Task prompt: Pull out of the data below the stretch of lines bounded by the one containing "abbrev res : ℕ × A → List ℕ" and the one containing "responses_of (c ∷", both bounds included, unchanged.

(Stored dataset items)
=== Section Start ===

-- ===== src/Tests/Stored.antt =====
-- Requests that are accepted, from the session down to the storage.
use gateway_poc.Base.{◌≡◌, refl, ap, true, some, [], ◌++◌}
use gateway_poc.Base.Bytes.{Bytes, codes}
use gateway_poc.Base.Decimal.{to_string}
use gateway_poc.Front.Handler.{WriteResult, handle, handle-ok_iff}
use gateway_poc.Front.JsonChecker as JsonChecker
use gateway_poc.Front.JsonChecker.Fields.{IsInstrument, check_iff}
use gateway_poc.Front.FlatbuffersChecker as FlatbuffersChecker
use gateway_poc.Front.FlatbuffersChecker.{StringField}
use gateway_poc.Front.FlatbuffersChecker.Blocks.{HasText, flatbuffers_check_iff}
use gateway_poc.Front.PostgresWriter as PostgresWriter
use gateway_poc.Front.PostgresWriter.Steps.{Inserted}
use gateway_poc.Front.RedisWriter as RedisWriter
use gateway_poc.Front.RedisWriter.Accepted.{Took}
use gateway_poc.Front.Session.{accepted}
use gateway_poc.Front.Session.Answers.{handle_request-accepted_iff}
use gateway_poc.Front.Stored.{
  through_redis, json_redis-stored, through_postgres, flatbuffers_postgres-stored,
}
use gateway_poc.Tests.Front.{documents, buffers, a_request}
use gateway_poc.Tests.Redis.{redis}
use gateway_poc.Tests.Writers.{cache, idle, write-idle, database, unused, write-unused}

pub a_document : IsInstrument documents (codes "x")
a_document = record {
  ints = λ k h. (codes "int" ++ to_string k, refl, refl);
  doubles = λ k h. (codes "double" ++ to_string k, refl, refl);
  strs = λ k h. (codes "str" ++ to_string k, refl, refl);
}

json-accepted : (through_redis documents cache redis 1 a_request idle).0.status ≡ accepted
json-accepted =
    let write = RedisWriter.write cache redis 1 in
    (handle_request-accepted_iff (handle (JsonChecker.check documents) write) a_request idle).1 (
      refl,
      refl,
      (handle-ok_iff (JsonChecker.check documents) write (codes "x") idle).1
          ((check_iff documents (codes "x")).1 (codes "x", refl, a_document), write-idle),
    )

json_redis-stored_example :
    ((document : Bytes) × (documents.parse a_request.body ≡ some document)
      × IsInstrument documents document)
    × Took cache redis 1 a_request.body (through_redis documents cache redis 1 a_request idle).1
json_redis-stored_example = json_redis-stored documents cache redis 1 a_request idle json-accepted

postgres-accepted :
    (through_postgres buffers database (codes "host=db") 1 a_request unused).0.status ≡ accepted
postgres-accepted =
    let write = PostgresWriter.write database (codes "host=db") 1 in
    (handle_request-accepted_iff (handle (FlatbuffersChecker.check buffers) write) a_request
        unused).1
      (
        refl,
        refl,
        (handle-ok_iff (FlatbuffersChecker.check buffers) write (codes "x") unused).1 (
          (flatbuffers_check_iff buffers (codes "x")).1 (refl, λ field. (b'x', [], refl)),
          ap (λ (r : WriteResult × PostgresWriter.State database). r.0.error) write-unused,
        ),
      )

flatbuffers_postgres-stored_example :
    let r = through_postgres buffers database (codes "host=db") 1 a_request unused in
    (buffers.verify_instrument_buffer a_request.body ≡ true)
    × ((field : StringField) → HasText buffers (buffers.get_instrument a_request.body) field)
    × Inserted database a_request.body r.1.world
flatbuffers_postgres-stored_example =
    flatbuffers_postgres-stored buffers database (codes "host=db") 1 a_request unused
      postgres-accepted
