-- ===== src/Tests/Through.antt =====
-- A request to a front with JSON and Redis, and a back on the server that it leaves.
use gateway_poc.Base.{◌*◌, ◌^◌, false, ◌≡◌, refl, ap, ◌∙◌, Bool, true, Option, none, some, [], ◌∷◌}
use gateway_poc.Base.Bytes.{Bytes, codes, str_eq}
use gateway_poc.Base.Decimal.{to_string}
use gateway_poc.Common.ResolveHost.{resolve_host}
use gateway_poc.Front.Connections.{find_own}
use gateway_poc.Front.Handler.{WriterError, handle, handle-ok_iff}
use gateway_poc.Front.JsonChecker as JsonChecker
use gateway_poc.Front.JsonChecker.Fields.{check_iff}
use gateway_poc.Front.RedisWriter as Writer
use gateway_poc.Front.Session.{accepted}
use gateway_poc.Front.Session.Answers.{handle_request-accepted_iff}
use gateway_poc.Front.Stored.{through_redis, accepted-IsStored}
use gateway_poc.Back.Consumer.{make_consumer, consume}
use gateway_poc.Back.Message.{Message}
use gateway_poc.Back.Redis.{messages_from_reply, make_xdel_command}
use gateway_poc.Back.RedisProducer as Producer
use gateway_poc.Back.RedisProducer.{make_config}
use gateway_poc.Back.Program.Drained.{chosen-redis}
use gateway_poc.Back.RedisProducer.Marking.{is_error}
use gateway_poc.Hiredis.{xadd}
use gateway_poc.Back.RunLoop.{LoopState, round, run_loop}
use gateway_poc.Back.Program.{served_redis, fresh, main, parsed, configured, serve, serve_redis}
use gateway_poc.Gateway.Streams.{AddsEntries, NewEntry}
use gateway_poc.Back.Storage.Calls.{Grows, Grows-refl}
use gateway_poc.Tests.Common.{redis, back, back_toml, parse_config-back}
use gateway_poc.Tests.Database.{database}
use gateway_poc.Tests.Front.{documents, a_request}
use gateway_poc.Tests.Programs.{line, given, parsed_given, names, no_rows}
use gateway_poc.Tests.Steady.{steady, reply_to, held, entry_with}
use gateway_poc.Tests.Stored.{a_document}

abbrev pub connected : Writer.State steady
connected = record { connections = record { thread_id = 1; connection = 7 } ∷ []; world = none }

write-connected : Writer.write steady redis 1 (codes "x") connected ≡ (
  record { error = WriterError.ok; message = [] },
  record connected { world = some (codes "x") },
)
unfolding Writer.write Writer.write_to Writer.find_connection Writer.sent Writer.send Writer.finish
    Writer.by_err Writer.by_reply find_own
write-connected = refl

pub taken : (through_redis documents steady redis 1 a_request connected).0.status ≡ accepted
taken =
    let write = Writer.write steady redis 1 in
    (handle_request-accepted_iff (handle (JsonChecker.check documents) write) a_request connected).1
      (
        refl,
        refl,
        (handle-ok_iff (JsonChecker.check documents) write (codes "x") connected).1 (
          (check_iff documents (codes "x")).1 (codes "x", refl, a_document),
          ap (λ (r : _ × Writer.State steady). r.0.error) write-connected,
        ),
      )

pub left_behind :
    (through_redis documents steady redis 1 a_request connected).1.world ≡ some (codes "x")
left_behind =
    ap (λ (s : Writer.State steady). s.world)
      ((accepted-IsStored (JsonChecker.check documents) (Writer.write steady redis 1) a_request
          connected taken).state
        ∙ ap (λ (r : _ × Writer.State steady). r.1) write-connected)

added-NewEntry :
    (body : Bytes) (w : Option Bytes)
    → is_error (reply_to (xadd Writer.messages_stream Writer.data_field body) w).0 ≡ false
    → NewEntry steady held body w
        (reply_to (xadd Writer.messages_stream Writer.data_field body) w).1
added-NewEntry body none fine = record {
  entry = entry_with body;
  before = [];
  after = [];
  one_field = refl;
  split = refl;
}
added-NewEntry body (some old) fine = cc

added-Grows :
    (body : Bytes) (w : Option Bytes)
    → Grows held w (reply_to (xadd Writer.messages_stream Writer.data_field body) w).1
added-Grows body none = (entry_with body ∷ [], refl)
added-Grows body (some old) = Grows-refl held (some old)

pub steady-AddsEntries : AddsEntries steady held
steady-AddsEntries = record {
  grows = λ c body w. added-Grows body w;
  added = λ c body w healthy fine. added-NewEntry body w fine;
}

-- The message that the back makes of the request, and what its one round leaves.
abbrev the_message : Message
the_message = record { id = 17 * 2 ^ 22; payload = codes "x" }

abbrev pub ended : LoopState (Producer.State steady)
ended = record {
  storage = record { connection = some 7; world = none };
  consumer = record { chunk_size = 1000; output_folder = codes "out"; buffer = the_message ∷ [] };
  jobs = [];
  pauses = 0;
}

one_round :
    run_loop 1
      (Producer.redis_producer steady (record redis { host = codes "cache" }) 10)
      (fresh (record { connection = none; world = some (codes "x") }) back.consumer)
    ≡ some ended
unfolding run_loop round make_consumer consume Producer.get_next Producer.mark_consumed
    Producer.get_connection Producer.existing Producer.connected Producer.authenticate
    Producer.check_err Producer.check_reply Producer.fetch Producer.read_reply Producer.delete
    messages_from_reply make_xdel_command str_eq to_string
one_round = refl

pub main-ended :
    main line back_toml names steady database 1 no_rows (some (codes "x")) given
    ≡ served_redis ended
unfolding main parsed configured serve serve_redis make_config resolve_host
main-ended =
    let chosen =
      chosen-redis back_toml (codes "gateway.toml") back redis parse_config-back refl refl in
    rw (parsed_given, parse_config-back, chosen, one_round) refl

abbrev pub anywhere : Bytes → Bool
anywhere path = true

=== Section End ===
=== Section Start ===

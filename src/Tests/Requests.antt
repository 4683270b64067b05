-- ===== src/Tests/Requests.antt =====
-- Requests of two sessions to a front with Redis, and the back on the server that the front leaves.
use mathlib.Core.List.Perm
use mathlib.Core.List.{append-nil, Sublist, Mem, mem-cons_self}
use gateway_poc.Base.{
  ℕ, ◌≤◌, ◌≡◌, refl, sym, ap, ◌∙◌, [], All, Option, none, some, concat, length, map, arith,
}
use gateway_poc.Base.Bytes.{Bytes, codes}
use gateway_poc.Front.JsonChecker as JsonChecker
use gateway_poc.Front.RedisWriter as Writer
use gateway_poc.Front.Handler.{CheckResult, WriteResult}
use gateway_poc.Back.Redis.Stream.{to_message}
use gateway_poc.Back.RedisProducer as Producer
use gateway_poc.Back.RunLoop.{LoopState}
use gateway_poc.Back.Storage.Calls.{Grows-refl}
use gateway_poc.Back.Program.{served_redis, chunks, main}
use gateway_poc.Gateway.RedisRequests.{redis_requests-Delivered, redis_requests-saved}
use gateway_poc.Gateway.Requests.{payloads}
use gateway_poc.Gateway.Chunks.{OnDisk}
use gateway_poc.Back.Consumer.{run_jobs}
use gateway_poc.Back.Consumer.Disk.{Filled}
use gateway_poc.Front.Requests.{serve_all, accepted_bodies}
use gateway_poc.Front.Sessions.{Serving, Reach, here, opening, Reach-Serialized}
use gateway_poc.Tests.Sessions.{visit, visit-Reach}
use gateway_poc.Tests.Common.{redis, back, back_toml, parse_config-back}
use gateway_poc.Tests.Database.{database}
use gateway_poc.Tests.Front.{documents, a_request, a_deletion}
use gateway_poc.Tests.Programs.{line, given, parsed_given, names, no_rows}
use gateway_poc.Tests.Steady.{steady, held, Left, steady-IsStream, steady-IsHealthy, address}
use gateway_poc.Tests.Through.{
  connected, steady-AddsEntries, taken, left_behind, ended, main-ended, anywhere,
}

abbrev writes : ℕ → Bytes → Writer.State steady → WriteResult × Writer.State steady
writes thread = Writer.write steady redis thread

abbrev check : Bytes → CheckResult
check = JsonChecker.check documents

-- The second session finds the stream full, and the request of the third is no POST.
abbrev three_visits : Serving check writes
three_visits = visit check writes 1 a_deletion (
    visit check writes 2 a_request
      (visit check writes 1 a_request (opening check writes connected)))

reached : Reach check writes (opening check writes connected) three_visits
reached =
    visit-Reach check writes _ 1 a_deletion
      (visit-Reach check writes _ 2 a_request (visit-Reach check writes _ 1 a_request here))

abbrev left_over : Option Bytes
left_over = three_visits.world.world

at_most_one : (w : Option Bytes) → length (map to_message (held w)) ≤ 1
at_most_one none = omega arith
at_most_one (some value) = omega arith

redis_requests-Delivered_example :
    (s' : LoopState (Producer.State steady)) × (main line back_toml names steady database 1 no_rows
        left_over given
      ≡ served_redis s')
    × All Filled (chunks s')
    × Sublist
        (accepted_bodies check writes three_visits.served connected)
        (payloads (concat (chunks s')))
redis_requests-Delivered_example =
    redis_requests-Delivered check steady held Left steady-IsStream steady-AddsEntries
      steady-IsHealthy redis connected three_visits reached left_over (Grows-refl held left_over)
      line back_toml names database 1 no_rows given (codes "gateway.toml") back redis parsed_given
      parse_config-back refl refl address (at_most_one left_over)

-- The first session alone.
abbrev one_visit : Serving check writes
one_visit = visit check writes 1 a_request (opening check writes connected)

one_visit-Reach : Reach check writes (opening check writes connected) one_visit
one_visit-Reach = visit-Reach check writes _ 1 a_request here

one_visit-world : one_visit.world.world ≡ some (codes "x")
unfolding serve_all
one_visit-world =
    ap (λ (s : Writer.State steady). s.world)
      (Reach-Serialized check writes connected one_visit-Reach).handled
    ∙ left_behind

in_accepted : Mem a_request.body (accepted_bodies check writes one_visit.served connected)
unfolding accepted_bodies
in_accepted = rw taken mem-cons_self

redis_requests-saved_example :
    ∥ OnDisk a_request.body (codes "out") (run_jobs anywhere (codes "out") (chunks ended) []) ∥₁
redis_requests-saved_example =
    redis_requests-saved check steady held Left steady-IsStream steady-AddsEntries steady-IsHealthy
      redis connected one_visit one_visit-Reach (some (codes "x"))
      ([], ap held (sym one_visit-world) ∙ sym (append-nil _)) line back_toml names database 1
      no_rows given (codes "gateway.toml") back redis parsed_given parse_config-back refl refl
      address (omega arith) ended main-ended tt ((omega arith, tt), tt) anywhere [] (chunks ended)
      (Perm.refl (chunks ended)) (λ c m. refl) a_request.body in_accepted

=== Section End ===
=== Section Start ===

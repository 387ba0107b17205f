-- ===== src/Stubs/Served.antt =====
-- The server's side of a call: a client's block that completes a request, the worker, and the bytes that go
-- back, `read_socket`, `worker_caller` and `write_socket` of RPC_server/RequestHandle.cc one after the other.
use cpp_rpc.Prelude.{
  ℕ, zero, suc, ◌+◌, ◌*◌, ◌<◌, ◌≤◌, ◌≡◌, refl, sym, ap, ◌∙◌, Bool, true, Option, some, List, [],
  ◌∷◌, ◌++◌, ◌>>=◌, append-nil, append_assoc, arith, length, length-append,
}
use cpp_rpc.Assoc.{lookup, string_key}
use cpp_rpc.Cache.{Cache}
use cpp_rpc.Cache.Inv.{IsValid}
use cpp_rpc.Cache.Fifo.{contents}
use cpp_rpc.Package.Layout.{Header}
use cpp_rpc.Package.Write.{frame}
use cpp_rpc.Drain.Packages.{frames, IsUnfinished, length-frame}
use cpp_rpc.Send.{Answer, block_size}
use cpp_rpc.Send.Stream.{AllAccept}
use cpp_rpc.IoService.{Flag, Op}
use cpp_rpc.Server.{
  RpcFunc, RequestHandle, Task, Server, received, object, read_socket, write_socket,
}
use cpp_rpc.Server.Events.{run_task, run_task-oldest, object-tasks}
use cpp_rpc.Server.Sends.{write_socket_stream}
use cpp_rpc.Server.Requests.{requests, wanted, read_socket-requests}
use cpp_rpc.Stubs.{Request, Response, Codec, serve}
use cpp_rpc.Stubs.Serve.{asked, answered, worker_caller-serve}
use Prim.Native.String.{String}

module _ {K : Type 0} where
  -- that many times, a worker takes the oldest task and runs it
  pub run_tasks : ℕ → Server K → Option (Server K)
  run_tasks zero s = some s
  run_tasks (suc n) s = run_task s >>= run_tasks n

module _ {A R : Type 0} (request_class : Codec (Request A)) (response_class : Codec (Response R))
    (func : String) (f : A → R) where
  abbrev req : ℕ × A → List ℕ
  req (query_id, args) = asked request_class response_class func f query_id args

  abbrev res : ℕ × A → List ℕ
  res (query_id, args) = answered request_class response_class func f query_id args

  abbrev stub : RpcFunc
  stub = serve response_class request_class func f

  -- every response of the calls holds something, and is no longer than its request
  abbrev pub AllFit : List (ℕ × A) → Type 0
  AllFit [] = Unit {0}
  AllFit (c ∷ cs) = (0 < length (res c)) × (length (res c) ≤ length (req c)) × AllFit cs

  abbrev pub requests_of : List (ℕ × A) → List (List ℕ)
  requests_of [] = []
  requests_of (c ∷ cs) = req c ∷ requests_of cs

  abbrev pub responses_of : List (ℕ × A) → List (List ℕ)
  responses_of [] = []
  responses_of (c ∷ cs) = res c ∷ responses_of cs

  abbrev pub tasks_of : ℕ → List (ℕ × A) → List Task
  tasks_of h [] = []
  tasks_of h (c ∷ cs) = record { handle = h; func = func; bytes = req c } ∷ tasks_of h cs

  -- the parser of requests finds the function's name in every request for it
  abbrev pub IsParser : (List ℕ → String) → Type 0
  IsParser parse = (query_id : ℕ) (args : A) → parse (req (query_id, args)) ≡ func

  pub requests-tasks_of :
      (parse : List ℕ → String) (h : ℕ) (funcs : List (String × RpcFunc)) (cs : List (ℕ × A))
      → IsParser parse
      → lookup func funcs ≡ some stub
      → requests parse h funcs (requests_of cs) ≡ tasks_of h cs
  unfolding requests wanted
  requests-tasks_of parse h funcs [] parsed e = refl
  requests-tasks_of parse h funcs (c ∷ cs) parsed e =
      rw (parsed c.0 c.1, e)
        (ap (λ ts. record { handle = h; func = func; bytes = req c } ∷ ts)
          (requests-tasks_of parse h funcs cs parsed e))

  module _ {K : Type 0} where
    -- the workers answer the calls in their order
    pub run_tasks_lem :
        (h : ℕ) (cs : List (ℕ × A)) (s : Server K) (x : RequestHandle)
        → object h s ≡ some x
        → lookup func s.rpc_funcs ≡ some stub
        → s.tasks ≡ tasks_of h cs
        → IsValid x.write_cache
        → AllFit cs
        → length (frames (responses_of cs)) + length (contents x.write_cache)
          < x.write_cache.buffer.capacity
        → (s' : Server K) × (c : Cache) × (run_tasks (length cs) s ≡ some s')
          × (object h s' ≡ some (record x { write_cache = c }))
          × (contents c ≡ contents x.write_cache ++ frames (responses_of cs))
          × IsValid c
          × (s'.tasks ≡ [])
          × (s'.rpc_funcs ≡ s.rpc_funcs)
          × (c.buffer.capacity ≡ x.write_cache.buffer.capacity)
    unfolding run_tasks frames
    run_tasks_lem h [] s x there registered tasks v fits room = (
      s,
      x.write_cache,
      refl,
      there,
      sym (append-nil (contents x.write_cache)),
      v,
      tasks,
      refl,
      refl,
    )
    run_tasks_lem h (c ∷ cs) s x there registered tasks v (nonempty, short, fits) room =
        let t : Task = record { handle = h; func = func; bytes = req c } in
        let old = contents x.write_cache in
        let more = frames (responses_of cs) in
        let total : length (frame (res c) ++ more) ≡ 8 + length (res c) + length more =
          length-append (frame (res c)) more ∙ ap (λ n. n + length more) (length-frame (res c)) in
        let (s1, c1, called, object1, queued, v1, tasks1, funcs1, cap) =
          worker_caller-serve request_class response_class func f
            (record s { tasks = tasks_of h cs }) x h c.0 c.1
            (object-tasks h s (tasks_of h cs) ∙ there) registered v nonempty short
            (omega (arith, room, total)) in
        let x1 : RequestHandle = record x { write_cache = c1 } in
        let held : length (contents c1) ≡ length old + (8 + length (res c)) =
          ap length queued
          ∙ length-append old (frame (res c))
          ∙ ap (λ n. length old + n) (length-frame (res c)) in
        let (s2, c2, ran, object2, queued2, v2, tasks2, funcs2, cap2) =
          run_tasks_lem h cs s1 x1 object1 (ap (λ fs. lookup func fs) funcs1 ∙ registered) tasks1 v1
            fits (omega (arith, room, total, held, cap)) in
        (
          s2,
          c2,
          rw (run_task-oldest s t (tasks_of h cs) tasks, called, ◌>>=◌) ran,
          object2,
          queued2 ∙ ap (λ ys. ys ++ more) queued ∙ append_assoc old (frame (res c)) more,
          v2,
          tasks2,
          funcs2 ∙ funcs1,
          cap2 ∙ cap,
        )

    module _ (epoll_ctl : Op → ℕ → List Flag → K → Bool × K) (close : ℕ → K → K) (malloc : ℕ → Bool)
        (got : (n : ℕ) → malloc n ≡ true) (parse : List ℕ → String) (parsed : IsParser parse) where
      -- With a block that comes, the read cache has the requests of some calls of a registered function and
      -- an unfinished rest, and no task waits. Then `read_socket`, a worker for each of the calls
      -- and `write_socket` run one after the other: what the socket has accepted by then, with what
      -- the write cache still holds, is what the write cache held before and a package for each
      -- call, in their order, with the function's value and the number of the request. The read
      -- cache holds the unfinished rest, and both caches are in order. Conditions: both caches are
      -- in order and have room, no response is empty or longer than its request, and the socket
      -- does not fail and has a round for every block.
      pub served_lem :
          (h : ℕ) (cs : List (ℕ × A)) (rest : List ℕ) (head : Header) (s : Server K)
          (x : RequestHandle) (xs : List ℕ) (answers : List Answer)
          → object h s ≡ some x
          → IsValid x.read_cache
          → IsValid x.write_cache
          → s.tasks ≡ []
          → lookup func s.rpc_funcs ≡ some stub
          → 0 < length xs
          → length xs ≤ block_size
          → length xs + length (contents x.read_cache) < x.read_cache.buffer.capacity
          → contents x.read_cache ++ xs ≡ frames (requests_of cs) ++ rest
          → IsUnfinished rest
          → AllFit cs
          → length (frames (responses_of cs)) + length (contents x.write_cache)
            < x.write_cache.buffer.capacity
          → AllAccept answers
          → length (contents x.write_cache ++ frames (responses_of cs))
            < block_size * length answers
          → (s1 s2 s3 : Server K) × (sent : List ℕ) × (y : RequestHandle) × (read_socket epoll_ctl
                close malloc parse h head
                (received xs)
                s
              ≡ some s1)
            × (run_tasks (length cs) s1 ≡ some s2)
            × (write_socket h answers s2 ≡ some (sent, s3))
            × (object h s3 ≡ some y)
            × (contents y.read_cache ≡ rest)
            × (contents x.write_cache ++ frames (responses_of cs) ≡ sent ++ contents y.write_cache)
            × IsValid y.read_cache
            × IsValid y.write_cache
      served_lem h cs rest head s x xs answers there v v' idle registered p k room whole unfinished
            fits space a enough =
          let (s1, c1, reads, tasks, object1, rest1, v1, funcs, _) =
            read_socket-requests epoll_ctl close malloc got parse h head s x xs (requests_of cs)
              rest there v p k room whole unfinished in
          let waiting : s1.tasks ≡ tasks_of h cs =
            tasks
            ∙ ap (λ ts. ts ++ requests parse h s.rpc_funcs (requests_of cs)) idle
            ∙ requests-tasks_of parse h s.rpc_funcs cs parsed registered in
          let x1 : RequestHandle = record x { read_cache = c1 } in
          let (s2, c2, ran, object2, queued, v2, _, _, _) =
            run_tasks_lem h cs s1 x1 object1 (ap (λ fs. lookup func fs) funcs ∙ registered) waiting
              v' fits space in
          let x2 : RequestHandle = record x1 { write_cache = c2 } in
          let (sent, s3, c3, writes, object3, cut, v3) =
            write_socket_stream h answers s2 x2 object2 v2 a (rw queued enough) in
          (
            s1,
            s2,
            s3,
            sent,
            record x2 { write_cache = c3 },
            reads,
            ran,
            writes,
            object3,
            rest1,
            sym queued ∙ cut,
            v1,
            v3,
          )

=== Section End ===

Answer to this problem:
  abbrev res : ℕ × A → List ℕ
  res (query_id, args) = answered request_class response_class func f query_id args

  abbrev stub : RpcFunc
  stub = serve response_class request_class func f

  -- every response of the calls holds something, and is no longer than its request
  abbrev pub AllFit : List (ℕ × A) → Type 0
  AllFit [] = Unit {0}
  AllFit (c ∷ cs) = (0 < length (res c)) × (length (res c) ≤ length (req c)) × AllFit cs

  abbrev pub requests_of : List (ℕ × A) → List (List ℕ)
  requests_of [] = []
  requests_of (c ∷ cs) = req c ∷ requests_of cs

  abbrev pub responses_of : List (ℕ × A) → List (List ℕ)
  responses_of [] = []
  responses_of (c ∷ cs) = res c ∷ responses_of cs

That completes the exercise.